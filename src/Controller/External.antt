-- ===== src/Controller/External.antt =====
-- internal/controller/rolepermissions/rolepermissions.go: the external client of one resource, with
-- `Observe`, `Create`, `Update` and `Delete`.
pub mod Resolve
pub mod Observe
pub mod Server
pub mod Put
mod Store
pub mod Converge
pub mod Deletion
pub mod Stable
use provider_strapi.Prelude.{
  List, [], ◌∷◌, Option, none, some, Bool, true, false, ◌&&◌, if◌then◌else◌,
}
use provider_strapi.Prelude.Int.{ℤ, int_eq, pos}
use provider_strapi.Text.{Text, is_empty}
use provider_strapi.Text.Fold.{Unicode}
use provider_strapi.Decimal.{itoa, atoi}
use provider_strapi.Permissions.{flatten_permissions, expand_permissions}
use provider_strapi.Roles.{Role, find_role}
use provider_strapi.Exec.{
  Context, Error, Result, ok, err, wrap_result, role_not_found, Exec, continue, ◌>>=◌, ◌>>◌, pure,
  lift, get, modify,
}
use provider_strapi.Api.{
  Slice, items, elements, append_to_nil, sort_slice, deep_equal, Condition, available, creating,
  deleting, Runtime, RolePermissions,
}

-- the interface `strapiClient`, over the world that it talks to
pub record StrapiClient (W : Type 0) : Type 0 where
  pub list_roles : W → Result (List Role) × W
  pub update_role : ℤ → Role → W → Result (Unit {0}) × W

-- `managed.ExternalObservation`
pub record ExternalObservation : Type 0 where
  pub resource_exists : Bool
  pub resource_up_to_date : Bool

-- the resource behind the pointer `cr`, and the world
pub record Reconcile (rt : Runtime) (W : Type 0) : Type 0 where
  pub cr : RolePermissions rt
  pub world : W

-- the loop over the IDs
pub find_id : List Role → ℤ → Option Role
find_id [] id = none
find_id (r ∷ roles) id = if int_eq r.id id then some r else find_id roles id

numeric_name : List Role → Option ℤ → Option Role
numeric_name roles none = none
numeric_name roles (some id) = find_id roles id

-- the role of the external name, if that is numeric
unfoldable pub find_external_name : List Role → Text → Option Role
unfolding find_id numeric_name
find_external_name roles name = if is_empty name then none else numeric_name roles (atoi name)

pub select_found : Text → Option Role → Result Role
select_found selector none = err (role_not_found selector)
select_found selector (some r) = ok r

module _ (rt : Runtime) (tables : Unicode) where
  select_named : List Role → Text → Option Role → Result Role
  unfolding select_found
  select_named roles selector (some r) = ok r
  select_named roles selector none = select_found selector (find_role tables roles selector)

  -- `resolveRole` behind the call of `ListRoles`
  unfoldable pub select_role : List Role → RolePermissions rt → Result Role
  unfolding select_named
  select_role roles cr =
      select_named roles cr.for_provider.role
        (find_external_name roles (rt.get_external_name cr.object))

module _ (rt : Runtime) (tables : Unicode) {W : Type 0} (client : StrapiClient W) where
  -- calls of the client leave the resource alone
  call : {A : Type 0} → (W → Result A × W) → Exec (Reconcile rt W) A
  call f s = let (r, w) = f s.world in (r, record s { world = w })

  wrapped : {A : Type 0} → Context → (W → Result A × W) → W → Result A × W
  wrapped c f w = let (r, w') = f w in (wrap_result c r, w')

  -- writes through the pointer `cr`
  edit : (RolePermissions rt → RolePermissions rt) → Exec (Reconcile rt W) (Unit {0})
  edit f = modify (λ s. record s { cr = f s.cr })

  set_condition : Condition → Exec (Reconcile rt W) (Unit {0})
  unfolding edit
  set_condition c = edit (λ cr. record cr { object = rt.set_conditions cr.object c })

  unfoldable pub resolve_role : Exec (Reconcile rt W) Role
  unfolding call wrapped
  resolve_role = do
    roles ← call (wrapped Context.list_roles client.list_roles)
    s ← get
    lift (select_role rt tables roles s.cr)

  -- `Observe` behind the test for a finished deletion
  observe_role : Role → Exec (Reconcile rt W) ExternalObservation
  unfolding set_condition
  observe_role role = do
    s ← get
    let current = items (flatten_permissions role.permissions)
    let desired = sort_slice (append_to_nil (elements s.cr.for_provider.permissions))
    edit (λ cr. record cr {
      at_provider = record {
        role_id = role.id;
        type = role.type;
        permissions = current;
        cleared = false;
      };
    })
    set_condition available
    pure (record { resource_exists = true; resource_up_to_date = deep_equal current desired })

  observe_unless_cleared : Role → Bool → Exec (Reconcile rt W) ExternalObservation
  unfolding observe_role
  observe_unless_cleared role true =
      pure (record { resource_exists = false; resource_up_to_date = false })
  observe_unless_cleared role false = observe_role role

  unfoldable pub observe : Exec (Reconcile rt W) ExternalObservation
  unfolding observe_unless_cleared
  observe = do
    role ← resolve_role
    edit (λ cr. record cr { object = rt.set_external_name cr.object (itoa role.id) })
    s ← get
    observe_unless_cleared role (rt.was_deleted s.cr.object && s.cr.at_provider.cleared)

  unfoldable pub apply_permissions : Exec (Reconcile rt W) (Unit {0})
  unfolding call wrapped
  apply_permissions = do
    role ← resolve_role
    s ← get
    let permissions = expand_permissions (elements s.cr.for_provider.permissions)
    call (
        wrapped Context.update_role
          (client.update_role role.id (record role { permissions = permissions })))

  unfoldable pub create : Exec (Reconcile rt W) (Unit {0})
  unfolding set_condition
  create = do set_condition creating; apply_permissions

  unfoldable pub update : Exec (Reconcile rt W) (Unit {0})
  update = apply_permissions

  unfoldable pub delete : Exec (Reconcile rt W) (Unit {0})
  unfolding set_condition call wrapped
  delete = do
    set_condition deleting
    role ← resolve_role
    call (
        wrapped Context.update_role (client.update_role role.id (record role { permissions = [] })))
    edit (λ cr. record cr { at_provider = record cr.at_provider { cleared = true } })

  unfoldable pub disconnect : Exec (Reconcile rt W) (Unit {0})
  disconnect = pure tt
————
▶ [PROBLEM STATEMENT]:
A verbatim transcription is needed of the lines above, starting at the line with "role_id = role.id;" and ending at the line with "unfolding observe_role", both included, and of nothing else.

▶ [THE ANSWER]:
        role_id = role.id;
        type = role.type;
        permissions = current;
        cleared = false;
      };
    })
    set_condition available
    pure (record { resource_exists = true; resource_up_to_date = deep_equal current desired })

  observe_unless_cleared : Role → Bool → Exec (Reconcile rt W) ExternalObservation
  unfolding observe_role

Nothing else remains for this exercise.